Friday, April 24, 2009

A VIOLENT RECOVERING ALCOHOLIC AND ZEN



I always like reading other people's lists of their favourite writers and detectives. Michael O'Byrne, former Chief Constable of Bedfordshire, adds a postscript chapter in The Crime Writer's Guide to Police Practice and Procedure in which he lists his choices. 
He states "I am probably more comfortable reading police procedural crime which is based abroad, like the books of James Lee Burke and Michael Dibdin, as I know very little about police procedures in either USA or Italy and thus the story never jars if the author gets it wrong."

James Lee Burke and Dave Robicheaux, Michael Dibdin and Aurelio Zen, and the third foreign writer that he chooses is Henning Mankell and Kurt Wallander, of whom he writes "......Wallander's plots keep you involved until the end [except The Dogs of Riga in which his raid of the Latvian police archives is frankly ludicrous]."

This last quote is from the 82 word last sentence of the book, and seemed to me to be a strange way of ending a useful guide. The Dogs of Riga is one of two of Henning Mankell's Wallander novels that I have not read.
Previously Michael O'Byrne had named his four favourite writers with British based investigators, Ian Rankin, Val McDermid, P.D. James and Peter Robinson. 

Do you mind if the author gets it wrong?
Not seriously wrong [e.g light as a feather 3 kg firearms] but wrong enough for a police officer or a crime aficionado looking up a guide to notice that it is wrong. Aren't plot and character more important than that sort of detail? Of course meticulous research adds to a story but can you still enjoy a book even if you know details of police procedure are far fetched and you have to take some things with a pinch of salt. Would a police officer actually keep his job if he was described thus:

"He is a violent and recovering alcoholic, spends significant parts of books being suspended or under threat of arrest and has as his best friend a homicidal maniac."

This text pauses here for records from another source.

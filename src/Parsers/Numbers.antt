-- ===== src/Parsers/Numbers.antt =====
-- Numbers that strconv.Itoa prints, read back.
use token_usage.Prelude.{
  inl, inr, ℕ, zero, suc, ◌+◌, ◌/◌, ◌%◌, ◌<◌, ◌≡◌, refl, ap, ◌∙◌, Bool, true, false, ◌&&◌, [], ◌∷◌,
  Text, ltb, leb, arith, Bool-cases,
}
use token_usage.Parsers.Std.{itoa, itoa_from, digits_value}

-- whether every byte is a digit
unfoldable pub all_digits : Text → Bool
all_digits [] = true
all_digits (a ∷ s) = let rest = all_digits s in leb b'0' a && (leb a b'9' && rest)

-- whether the first byte is a digit; false of the empty text
abbrev pub starts_digit : Text → Bool
starts_digit [] = false
starts_digit (a ∷ s) = leb b'0' a && leb a b'9'

digits_value-itoa_from :
    (fuel n : ℕ) (acc : Text)
    → n < fuel
    → digits_value 0 (itoa_from fuel n acc) ≡ digits_value n acc
unfolding digits_value itoa_from
digits_value-itoa_from zero n acc h = absurd (omega arith)
digits_value-itoa_from (suc fuel) n acc h = elim (Bool-cases (ltb n 10)) [
  | inl small ↦ rw small (ap (λ k. digits_value k acc) (omega arith))
  | inr big ↦
      let smaller : n / 10 < fuel = ground (arith, big) in
      rw big (
        digits_value-itoa_from fuel (n / 10) ((b'0' + n % 10) ∷ acc) smaller
        ∙ ap (λ k. digits_value k acc) (omega arith))
]

-- Reading a printed number gives the number back.
pub digits_value-itoa : (n : ℕ) → digits_value 0 (itoa n) ≡ n
unfolding itoa digits_value
digits_value-itoa n = digits_value-itoa_from (suc n) n [] (omega arith)

itoa_from-digits :
    (fuel n : ℕ) (acc : Text)
    → n < fuel
    → all_digits acc ≡ true
    → (all_digits (itoa_from fuel n acc) ≡ true) × (starts_digit (itoa_from fuel n acc) ≡ true)
unfolding all_digits itoa_from
itoa_from-digits zero n acc h d = absurd (omega arith)
itoa_from-digits (suc fuel) n acc h d = elim (Bool-cases (ltb n 10)) [
  | inl small ↦ ground (arith, small, d)
  | inr big ↦ rw big (
      itoa_from-digits fuel (n / 10) ((b'0' + n % 10) ∷ acc) (ground (arith, big))
        (ground (arith, d)))
]

-- A printed number is digits, and has one.
pub itoa-digits : (n : ℕ) → (all_digits (itoa n) ≡ true) × (starts_digit (itoa n) ≡ true)
unfolding itoa all_digits
itoa-digits n = itoa_from-digits (suc n) n [] (omega arith) refl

That description could indeed cover more than one detective in crime fiction, and perhaps a few politicians,  as well as Dave Robicheaux. 
Michael O'Byrne is not the only one more comfortable reading crime fiction based abroad as is obvious from today's Amazon UK crime fiction best seller lists with Lee Child at number one and the Lisbeth Salander series of Stieg Larsson, translated by Reg Keeland, sitting at numbers three and five. 

The photo is not of some prison camp in the Third World but of the entrance to our allotments. 

5 Comments:

Blogger Dorte H said...

Do you mind if the author gets it wrong?
As you say, it really depends on what & how many mistakes per 100 pages.
Recently I reviewed a Danish debut. A body was found in a container (one of these huge, green things). The police and all their acolytes checked the container, but without noticing that there was another lid on the back so a young boy stole some evidence right under their noses.
And the rest of the book wasn´t much better.

9:26 AM  
Anonymous Anonymous said...

What bought about that last paragraph, Norman? It made me smile, perhaps that's it.

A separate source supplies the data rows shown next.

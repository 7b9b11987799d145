-- ===== src/Store/Queries/Clock.antt =====
-- `ClockAggregate` of internal/server/store.go: usage by weekday and hour of a time zone. What PostgreSQL
-- knows of time zones is an argument; the sums are `numeric`, and are cast to `bigint` at the end.
pub mod Totals
use token_usage.Sort.{order_by}
use token_usage.Prelude.{
  ◌↔◌, ℕ, suc, ◌+◌, ◌%◌, ◌≡◌, Bool, true, false, ◌&&◌, ◌||◌, Option, none, some, List, [], ◌∷◌, map,
  Eq, ◌==◌, Text, text_eq, text_beq, text_beq_iff, codes, keep, ltb, leb, nat_beq, if◌then◌else◌,
  arith,
}
use token_usage.Prelude.Int.{ℤ, pos, ◌+ℤ◌, fits64}
use token_usage.Store.Usage.{UsageDetail, UsageSums, single, merge}
use token_usage.Store.Prices.{Price}
use token_usage.Store.Queries.{tally, scan_rows, tokens_of}
use token_usage.Store.Queries.Priced.{
  Float, Rates, price_lookup, rates_or_zero, sql_cost, zero_float,
}

-- What a time zone says of an instant: its calendar day and its hour. `none` is an unknown zone.
pub record LocalTime : Type 0 where
  pub day : ℕ → ℕ
  pub hour : ℕ → ℕ

abbrev pub Zones : Type 0
Zones = Text → Option LocalTime

-- GROUP BY d_local, hour, model
pub record ClockKey : Type 0 where
  pub d_local : ℕ
  pub hour : ℕ
  pub model : Text

unfoldable pub clock_key_beq : ClockKey → ClockKey → Bool
unfolding text_beq
clock_key_beq a b =
    nat_beq a.d_local b.d_local && (nat_beq a.hour b.hour && text_beq a.model b.model)

pub clock_key_beq_iff : (a b : ClockKey) → (clock_key_beq a b ≡ true) ↔ (a ≡ b)
unfolding clock_key_beq
clock_key_beq_iff a b = ground (arith, text_beq_iff a.model b.model)

instance abbrev pub clock_key_eq : Eq ClockKey
clock_key_eq = record { beq = clock_key_beq; beq_iff = clock_key_beq_iff }

-- GROUP BY dow, hour
pub record Slot : Type 0 where
  pub dow : ℕ
  pub hour : ℕ

unfoldable pub slot_beq : Slot → Slot → Bool
slot_beq a b = nat_beq a.dow b.dow && nat_beq a.hour b.hour

pub slot_beq_iff : (a b : Slot) → (slot_beq a b ≡ true) ↔ (a ≡ b)
unfolding slot_beq
slot_beq_iff a b = ground arith

instance abbrev pub slot_eq : Eq Slot
slot_eq = record { beq = slot_beq; beq_iff = slot_beq_iff }

-- EXTRACT(DOW): day 0 is Monday, 0001-01-01
abbrev pub dow_of : ℕ → ℕ
dow_of day = (day + 1) % 7

abbrev pub slot_of : ClockKey → Slot
slot_of k = record { dow = dow_of k.d_local; hour = k.hour }

-- A row of `ClockAggregate`.
pub record ClockRow (F : Type 0) : Type 0 where
  pub dow : ℕ
  pub hour : ℕ
  pub tokens : ℤ
  pub messages : ℕ
  pub cost : F

pub record Cell (F : Type 0) : Type 0 where
  pub tokens : ℤ
  pub messages : ℕ
  pub cost : F

abbrev pub slot_before : {F : Type 0} → (Slot × Cell F) → (Slot × Cell F) → Bool
slot_before a b = ltb a.0.dow b.0.dow || (nat_beq a.0.dow b.0.dow && leb a.0.hour b.0.hour)

-- A time that is not zero, in microseconds.
abbrev time_bound : (ℕ → ℕ) → ℕ → Option ℕ
time_bound micros t = if nat_beq t 0 then none else some (micros t)

abbrev from_bound : Option ℕ → ℕ → Bool
from_bound none ts = true
from_bound (some b) ts = leb b ts

abbrev to_bound : Option ℕ → ℕ → Bool
to_bound none ts = true
to_bound (some b) ts = ltb ts b

-- WHERE: the user, ts >= $2 and ts < $3
unfoldable pub in_window : (ℕ → ℕ) → Text → ℕ → ℕ → UsageDetail → Bool
in_window micros user from to d =
    (user == [] || d.user_id == user)
    && (from_bound (time_bound micros from) d.ts && to_bound (time_bound micros to) d.ts)

abbrev pub clock_key : LocalTime → UsageDetail → ClockKey
clock_key local d = record { d_local = local.day d.ts; hour = local.hour d.ts; model = d.model }

-- the rows that a query selects, each with its group
abbrev pub keyed : LocalTime → List UsageDetail → List (ClockKey × UsageDetail)
keyed local rows = map (λ d. (clock_key local d, d)) rows

module _ {F : Type 0} (fl : Float F) where
  abbrev pub add_cell : Cell F → Cell F → Cell F
  add_cell a b = record {
    tokens = a.tokens +ℤ b.tokens;
    messages = a.messages + b.messages;
    cost = fl.add a.cost b.cost;
  }

  abbrev pub clock_row : (Slot × Cell F) → Option (ClockRow F)
  clock_row (slot, cell) =
      if fits64 cell.tokens && fits64 (pos cell.messages)
      then some (record {
        dow = slot.dow;
        hour = slot.hour;
        tokens = cell.tokens;
        messages = cell.messages;
        cost = cell.cost;
      })
      else none

  module _ (midnight : ℕ → ℕ) (prices : List (Price (Rates F))) where
    -- a row of the CTE `agg` with what it costs
    abbrev pub cell_of : (ClockKey × UsageSums) → Slot × Cell F
    cell_of (k, s) = (
      slot_of k,
      record {
        tokens = tokens_of s;
        messages = s.messages;
        cost = sql_cost fl (rates_or_zero fl (price_lookup midnight k.model k.d_local prices)) s;
      },
    )

    -- `ClockAggregate` in a zone that is known
    unfoldable pub clock_rows : LocalTime → List UsageDetail → Option (List (ClockRow F))
    unfolding tally order_by scan_rows
    clock_rows local rows =
        let groups = tally (λ (k : ClockKey). k) single merge (keyed local rows) [] in
        scan_rows clock_row (
          order_by slot_before
            (tally (λ (s : Slot). s) (λ (c : Cell F). c) add_cell (map cell_of groups) []))

    -- in a zone that is not known: AT TIME ZONE fails at the first row that is selected
    unfoldable no_rows : List UsageDetail → Option (List (ClockRow F))
    no_rows [] = some []
    no_rows (d ∷ rows) = none

    -- `ClockAggregate`; `fault` is a failure of the connection
    unfoldable pub clock_aggregate :
        Zones → (ℕ → ℕ) → Bool → Text → Text → ℕ → ℕ → List UsageDetail → Option (List (ClockRow F))
    unfolding clock_rows no_rows in_window
    clock_aggregate zones micros true user tz from to detail = none
    clock_aggregate zones micros false user tz from to detail =
        let rows = keep (in_window micros user from to) detail in
        elim (zones (if tz == [] then codes "UTC" else tz)) [
          | none ↦ no_rows rows
          | some local ↦ clock_rows local rows
        ]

In Sophie Hannah's latest book, The Other Half Loves (or Lives?) the two main characters are only police constable rank, but they are allowed to go off investigating willy nilly wherever they like, against the direct orders of their boss (eg one character is told to go and collect information from some other city, and he just doesn't go), not once but time and time again. How could this happen? However well-disposed the reader, one simply keeps asking this question in one's mind, and it is impossible to believe in the story (for this reason if for no other).

9:44 AM  
Blogger Peter Rozovsky said...

And The Dogs of Riga is probably my favorite Kurt Wallander novel.

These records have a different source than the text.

-- ===== src/Server/Auth/Lists.antt =====
-- `ListUsers` and `ListAPIKeys` of internal/server/auth.go. The order of texts, which is the database's
-- collation, is in the argument `before`.
use token_usage.Sort.{order_by}
use token_usage.Prelude.{
  ℕ, Bool, true, false, not, ◌||◌, Option, none, some, List, [], map, keep, Text, text_eq, ◌==◌,
}
use token_usage.Server.Auth.{User, ApiKey, is_live}

pub record UserRow : Type 0 where
  pub user_id : Text
  pub email : Text
  pub created_at : ℕ
  pub disabled : Bool

pub record ApiKeyRow : Type 0 where
  pub prefix : Text
  pub user_id : Text
  pub name : Text
  pub created_at : ℕ
  pub last_used_at : Option ℕ
  pub revoked : Bool

-- COALESCE(column, '')
abbrev or_empty : Option Text → Text
or_empty none = []
or_empty (some t) = t

abbrev is_set : Option ℕ → Bool
is_set none = false
is_set (some t) = true

abbrev user_row : User → UserRow
user_row u = record {
  user_id = u.user_id;
  email = or_empty u.email;
  created_at = u.created_at;
  disabled = is_set u.disabled_at;
}

abbrev key_row : ApiKey → ApiKeyRow
key_row k = record {
  prefix = k.key_prefix;
  user_id = k.user_id;
  name = or_empty k.name;
  created_at = k.created_at;
  last_used_at = k.last_used_at;
  revoked = not (is_live k);
}

-- `ListUsers`: ORDER BY user_id; `none` is an error
unfoldable pub list_users : (User → User → Bool) → Bool → List User → Option (List UserRow)
unfolding order_by
list_users before true users = none
list_users before false users = some (map user_row (order_by before users))

-- `ListAPIKeys`: ORDER BY user_id, created_at DESC; an empty user is every user
unfoldable pub list_api_keys :
    (ApiKey → ApiKey → Bool) → Bool → Text → List ApiKey → Option (List ApiKeyRow)
unfolding order_by
list_api_keys before true user keys = none
list_api_keys before false user keys =
    some (map key_row (order_by before (keep (λ k. user == [] || k.user_id == user) keys)))
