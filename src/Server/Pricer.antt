-- ===== src/Server/Pricer.antt =====
-- internal/server/pricing.go: the prices in memory, for a model that model_prices does not know. A map is the
-- list of its entries, in any order. The decimal numbers of the table `defaultRates` and floating-point
-- arithmetic are arguments; so is the file of custom rates, read and decoded.
pub mod Longest
use token_usage.Sort.{order_by}
use token_usage.Prelude.{
  ℕ, ◌≡◌, Bool, true, false, ◌&&◌, Option, none, some, List, [], ◌∷◌, map, Text, text_eq, ◌==◌,
  has_prefix, length, leb, if◌then◌else◌,
}
use token_usage.Prelude.Int.{ℤ, pos}
use token_usage.Table.{lookup, alter}
use token_usage.Store.Queries.Priced.{Float, Rates, at_least_zero, zero_float}

-- sort.Slice by length, the longest first; which of two as long comes first is not determined
abbrev is_longer : Text → Text → Bool
is_longer a b = leb (length b) (length a)

-- the loop of `Cost`: the first prefix that fits
unfoldable pub first_prefix : Text → List Text → Option Text
first_prefix model [] = none
first_prefix model (p ∷ prefixes) =
    let rest = first_prefix model prefixes in if has_prefix model p then some p else rest

module _ {R : Type 0} where
  -- for k, v := range custom { p.rates[k] = v }
  unfoldable put_all : List (Text × R) → List (Text × R) → List (Text × R)
  put_all [] rates = rates
  put_all ((k, v) ∷ custom) rates = put_all custom (alter k (λ _. v) rates)

  -- the rates of `NewPricer`: the program's, and those of the file over them
  unfoldable new_pricer : List (Text × R) → Option (List (Text × R)) → List (Text × R)
  unfolding put_all
  new_pricer default_rates none = default_rates
  new_pricer default_rates (some custom) = put_all custom default_rates

  abbrev keys_of : List (Text × R) → List Text
  keys_of [] = []
  keys_of ((k, v) ∷ rates) = k ∷ keys_of rates

  -- `reindex`
  unfoldable pub reindex : List (Text × R) → List Text
  unfolding order_by
  reindex rates = order_by is_longer (keys_of rates)

  -- the rate that `Cost` takes; a prefix of the index is a key of the map
  unfoldable pub rate_of : List (Text × R) → Text → Option R
  unfolding reindex first_prefix
  rate_of rates model = elim (lookup model rates) [
    | some r ↦ some r
    | none ↦ elim (first_prefix model (reindex rates)) [ none ↦ none | some p ↦ lookup p rates ]
  ]

module _ {F : Type 0} (fl : Float F) where
  -- float64(n) * rate / per
  abbrev pub part : ℤ → F → F
  part n rate = fl.div (fl.mul (fl.of_int n) rate) (fl.of_int (pos 1_000_000))

  -- `Cost`
  unfoldable pub cost : List (Text × Rates F) → Text → ℤ → ℤ → ℤ → ℤ → ℤ → F
  unfolding rate_of
  cost rates model input output cc cc1h cr = elim (rate_of rates model) [
    | none ↦ zero_float fl
    | some r ↦
        fl.add
          (fl.add
            (fl.add (fl.add (part input r.input) (part output r.output)) (part cc r.cache_creation))
            (part cc1h (at_least_zero fl (fl.sub r.cache_creation_1h r.cache_creation))))
          (part cr r.cache_read)
  ]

Dorte, are containers the new Satanism in Scandinavian crime fiction? A body turns up in a container -- well, a storage shed, anyhow -- in Jo Nesbø's The Redeemer.
==============
Detectives Beyond Borders
"Because Murder Is More Fun Away From Home"
http://www.detectivesbeyondborders.blogspot.com/

12:56 PM  
Blogger Dorte H said...

Yes, Peter, I think so.

And after all, if you were cruel enough to kill a child, why not dump it among the garbage.

And the sound of it: shmatorg
- says Norman´s blog.

3:36 AM  
Blogger Uriah Robinson said...

Stockholm's container port full of bodies of Eastern Europeans also features in Liza Marklund's Paradise. Scandinavia like Sicily seems to be on the front line of a surrounded embattled old Europe.